**Exercise**
Reproduce the entries below character for character.

**Exercise data**

-- ===== src/Proc/CommonJob/Loop/Invariant.antt =====
-- A predicate of the restart loop that each round keeps holds whatever the rounds are.
use mittnite.Prelude.{Bool, true, false, none, List, [], ◌∷◌, Bool-cases, inl, inr}
use mittnite.Proc.CommonJob.Loop.{
  Round, LoopState, Progress, running, returned, run_round, is_stopping, run_loop,
}

module _ {ℓ} (P : Progress → Type ℓ) (stays : (s : LoopState) → P (running s) → P (returned s none))
    (round : (s : LoopState) (r : Round) → P (running s) → P (run_round s r)) where
  pub run_loop-keeps : (rs : List Round) (s : LoopState) → P (running s) → P (run_loop rs s)
  unfolding run_loop
  run_loop-keeps [] s h = elim (Bool-cases (is_stopping s)) [
    | inl stops ↦ rw stops (stays s h)
    | inr goes ↦ rw goes h
  ]
  run_loop-keeps (r ∷ rs) s h = go (is_stopping s) (run_round s r) (round s r h) (run_loop-keeps rs)
    where
      go :
          (b : Bool) (p : Progress)
          → P p
          → ((t : LoopState) → P (running t) → P (run_loop rs t))
          → P (elim b [
            | true ↦ returned s none
            | false ↦ elim p [ returned t e ↦ returned t e | running t ↦ run_loop rs t ]
          ])
      go true p q rest = stays s h
      go false (returned t e) q rest = q
      go false (running t) q rest = rest t q
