-- ===== src/Proc/CommonJob/Loop/Returns.antt =====
-- How `Run` can return at all, over every sequence of rounds.
use mittnite.Prelude.{
  ◌≡◌, ◌≢◌, refl, sym, ◌∙◌, ap, subst, Bool, true, false, Option, none, some, List, arith, negsuc,
  Bool-cases, inl, inr,
}
use mittnite.Config.{JobConfig, get_max_attempts}
use mittnite.Proc.Phase.{failed}
use mittnite.Proc.Phase.Laws.{reason-set_phase}
use mittnite.Proc.BaseJob.{put_phase}
use mittnite.Proc.BaseJob.StartOnce.{
  RunError, exits, fails, will_be_restarted, will_be_stopped, stopped_intentionally,
}
use mittnite.Proc.CommonJob.{CommonJob}
use mittnite.Proc.CommonJob.Loop.Invariant.{run_loop-keeps}
use mittnite.Proc.CommonJob.Loop.{
  Round, LoopState, JobError, Progress, running, returned, give_up, try_again, count_attempt,
  has_attempts, retry, handle_result, after_run, run_round, initial, run,
}

-- What holds of a loop that goes on, and of one that returned.
abbrev Post : JobConfig → Progress → Type 0
Post c (running s) = s.job.config ≡ c
Post c (returned t none) = t.job.config ≡ c
Post c (returned t (some e)) =
    (c.can_fail ≡ false) × (get_max_attempts c ≢ negsuc 0) × (t.job.phase.reason ≡ failed)

count_attempt-config : (s : LoopState) (r : Round) → (count_attempt s r).job.config ≡ s.job.config
unfolding count_attempt
count_attempt-config s r = ground arith

has_attempts-unlimited :
    (s : LoopState) → get_max_attempts s.job.config ≡ negsuc 0 → has_attempts s ≡ true
unfolding has_attempts
has_attempts-unlimited s unlimited = simp unlimited

give_up-Post :
    (c : JobConfig) (s : LoopState) (r : Round) (e : Option RunError)
    → s.job.config ≡ c
    → has_attempts s ≡ false
    → Post c (give_up s r e)
unfolding give_up
give_up-Post c s r e same over = elim (Bool-cases s.job.config.can_fail) [
  | inl may ↦ simp may same
  | inr must ↦ simp must (
    ap (λ d. d.can_fail) (sym same) ∙ must,
    (λ unlimited. limited unlimited),
    (unfold put_phase in reason-set_phase r.ended_at failed s.job.phase),
  )
]
  where
    limited : ¬ (get_max_attempts c ≡ negsuc 0)
    limited u = cc (has_attempts-unlimited s (ap get_max_attempts same ∙ u))

retry-Post :
    (c : JobConfig) (s : LoopState) (r : Round) (e : Option RunError)
    → s.job.config ≡ c
    → Post c (retry s r e)
unfolding retry try_again
retry-Post c s r e same = elim (Bool-cases (has_attempts (count_attempt s r))) [
  | inl more ↦ simp more (count_attempt-config s r ∙ same)
  | inr over ↦
      simp over (give_up-Post c (count_attempt s r) r e (count_attempt-config s r ∙ same) over)
]

handle_result-Post :
    (c : JobConfig) (s : LoopState) (r : Round) (e : Option RunError)
    → s.job.config ≡ c
    → Post c (handle_result s r e)
unfolding handle_result
handle_result-Post c s r none same = elim (Bool-cases s.job.config.one_time) [
  | inl once ↦ simp once same
  | inr again ↦ simp again (retry-Post c s r none same)
]
handle_result-Post c s r (some will_be_restarted) same = same
handle_result-Post c s r (some will_be_stopped) same = same
handle_result-Post c s r (some stopped_intentionally) same = same
handle_result-Post c s r (some (exits e)) same = retry-Post c s r (some (exits e)) same
handle_result-Post c s r (some (fails e)) same = retry-Post c s r (some (fails e)) same

run_round-Post :
    (c : JobConfig) (s : LoopState) (r : Round) → s.job.config ≡ c → Post c (run_round s r)
unfolding run_round after_run
run_round-Post c s r same = elim (Bool-cases r.shutdown) [
  | inl down ↦ simp down same
  | inr up ↦ simp up (handle_result-Post c _ r _ same)
]

run-Post :
    (job : CommonJob) (cancelled : Bool) (rs : List Round) → Post job.config (run job cancelled rs)
unfolding run
run-Post job cancelled rs = elim (Bool-cases job.stop) [
  | inl stop ↦ simp stop
  | inr go ↦ simp go (
      run_loop-keeps (Post job.config) (λ s same. same) (run_round-Post job.config) rs
        (initial job cancelled) refl)
]

-- Whatever the rounds are, `Run` returns an error only for a job that may not fail, whose
-- `maxAttempts` is not -1, and that it has marked as failed.
pub run_error :
    (job : CommonJob) (cancelled : Bool) (rs : List Round) (t : LoopState) (e : JobError)
    → run job cancelled rs ≡ returned t (some e)
    → (job.config.can_fail ≡ false)
      × (get_max_attempts job.config ≢ negsuc 0)
      × (t.job.phase.reason ≡ failed)
run_error job cancelled rs t e eq = subst (Post job.config) eq (run-Post job cancelled rs)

**Written response**
-- ===== src/Proc/CommonJob/Loop/Invariant.antt =====
-- A predicate of the restart loop that each round keeps holds whatever the rounds are.
use mittnite.Prelude.{Bool, true, false, none, List, [], ◌∷◌, Bool-cases, inl, inr}
use mittnite.Proc.CommonJob.Loop.{
  Round, LoopState, Progress, running, returned, run_round, is_stopping, run_loop,
}

module _ {ℓ} (P : Progress → Type ℓ) (stays : (s : LoopState) → P (running s) → P (returned s none))
    (round : (s : LoopState) (r : Round) → P (running s) → P (run_round s r)) where
  pub run_loop-keeps : (rs : List Round) (s : LoopState) → P (running s) → P (run_loop rs s)
  unfolding run_loop
  run_loop-keeps [] s h = elim (Bool-cases (is_stopping s)) [
    | inl stops ↦ rw stops (stays s h)
    | inr goes ↦ rw goes h
  ]
  run_loop-keeps (r ∷ rs) s h = go (is_stopping s) (run_round s r) (round s r h) (run_loop-keeps rs)
    where
      go :
          (b : Bool) (p : Progress)
          → P p
          → ((t : LoopState) → P (running t) → P (run_loop rs t))
          → P (elim b [
            | true ↦ returned s none
            | false ↦ elim p [ returned t e ↦ returned t e | running t ↦ run_loop rs t ]
          ])
      go true p q rest = stays s h
      go false (returned t e) q rest = q
      go false (running t) q rest = rest t q
-- ===== src/Proc/CommonJob/Loop/Returns.antt =====
-- How `Run` can return at all, over every sequence of rounds.
use mittnite.Prelude.{
  ◌≡◌, ◌≢◌, refl, sym, ◌∙◌, ap, subst, Bool, true, false, Option, none, some, List, arith, negsuc,
  Bool-cases, inl, inr,
}
use mittnite.Config.{JobConfig, get_max_attempts}
use mittnite.Proc.Phase.{failed}
use mittnite.Proc.Phase.Laws.{reason-set_phase}
use mittnite.Proc.BaseJob.{put_phase}
use mittnite.Proc.BaseJob.StartOnce.{
  RunError, exits, fails, will_be_restarted, will_be_stopped, stopped_intentionally,
}
use mittnite.Proc.CommonJob.{CommonJob}
use mittnite.Proc.CommonJob.Loop.Invariant.{run_loop-keeps}
use mittnite.Proc.CommonJob.Loop.{
  Round, LoopState, JobError, Progress, running, returned, give_up, try_again, count_attempt,
  has_attempts, retry, handle_result, after_run, run_round, initial, run,
}

-- What holds of a loop that goes on, and of one that returned.
abbrev Post : JobConfig → Progress → Type 0
Post c (running s) = s.job.config ≡ c
Post c (returned t none) = t.job.config ≡ c
Post c (returned t (some e)) =
    (c.can_fail ≡ false) × (get_max_attempts c ≢ negsuc 0) × (t.job.phase.reason ≡ failed)

count_attempt-config : (s : LoopState) (r : Round) → (count_attempt s r).job.config ≡ s.job.config
unfolding count_attempt
count_attempt-config s r = ground arith

has_attempts-unlimited :
    (s : LoopState) → get_max_attempts s.job.config ≡ negsuc 0 → has_attempts s ≡ true
unfolding has_attempts
has_attempts-unlimited s unlimited = simp unlimited

give_up-Post :
    (c : JobConfig) (s : LoopState) (r : Round) (e : Option RunError)
    → s.job.config ≡ c
    → has_attempts s ≡ false
    → Post c (give_up s r e)
unfolding give_up
give_up-Post c s r e same over = elim (Bool-cases s.job.config.can_fail) [
  | inl may ↦ simp may same
  | inr must ↦ simp must (
    ap (λ d. d.can_fail) (sym same) ∙ must,
    (λ unlimited. limited unlimited),
    (unfold put_phase in reason-set_phase r.ended_at failed s.job.phase),
  )
]
  where
    limited : ¬ (get_max_attempts c ≡ negsuc 0)
    limited u = cc (has_attempts-unlimited s (ap get_max_attempts same ∙ u))

retry-Post :
    (c : JobConfig) (s : LoopState) (r : Round) (e : Option RunError)
    → s.job.config ≡ c
    → Post c (retry s r e)
unfolding retry try_again
retry-Post c s r e same = elim (Bool-cases (has_attempts (count_attempt s r))) [
  | inl more ↦ simp more (count_attempt-config s r ∙ same)
  | inr over ↦
      simp over (give_up-Post c (count_attempt s r) r e (count_attempt-config s r ∙ same) over)
]

handle_result-Post :
    (c : JobConfig) (s : LoopState) (r : Round) (e : Option RunError)
    → s.job.config ≡ c
    → Post c (handle_result s r e)
unfolding handle_result
handle_result-Post c s r none same = elim (Bool-cases s.job.config.one_time) [
  | inl once ↦ simp once same
  | inr again ↦ simp again (retry-Post c s r none same)
]
handle_result-Post c s r (some will_be_restarted) same = same
handle_result-Post c s r (some will_be_stopped) same = same
handle_result-Post c s r (some stopped_intentionally) same = same
handle_result-Post c s r (some (exits e)) same = retry-Post c s r (some (exits e)) same
handle_result-Post c s r (some (fails e)) same = retry-Post c s r (some (fails e)) same

run_round-Post :
    (c : JobConfig) (s : LoopState) (r : Round) → s.job.config ≡ c → Post c (run_round s r)
unfolding run_round after_run
run_round-Post c s r same = elim (Bool-cases r.shutdown) [
  | inl down ↦ simp down same
  | inr up ↦ simp up (handle_result-Post c _ r _ same)
]

run-Post :
    (job : CommonJob) (cancelled : Bool) (rs : List Round) → Post job.config (run job cancelled rs)
unfolding run
run-Post job cancelled rs = elim (Bool-cases job.stop) [
  | inl stop ↦ simp stop
  | inr go ↦ simp go (
      run_loop-keeps (Post job.config) (λ s same. same) (run_round-Post job.config) rs
        (initial job cancelled) refl)
]

-- Whatever the rounds are, `Run` returns an error only for a job that may not fail, whose
-- `maxAttempts` is not -1, and that it has marked as failed.
pub run_error :
    (job : CommonJob) (cancelled : Bool) (rs : List Round) (t : LoopState) (e : JobError)
    → run job cancelled rs ≡ returned t (some e)
    → (job.config.can_fail ≡ false)
      × (get_max_attempts job.config ≢ negsuc 0)
      × (t.job.phase.reason ≡ failed)
run_error job cancelled rs t e eq = subst (Post job.config) eq (run-Post job cancelled rs)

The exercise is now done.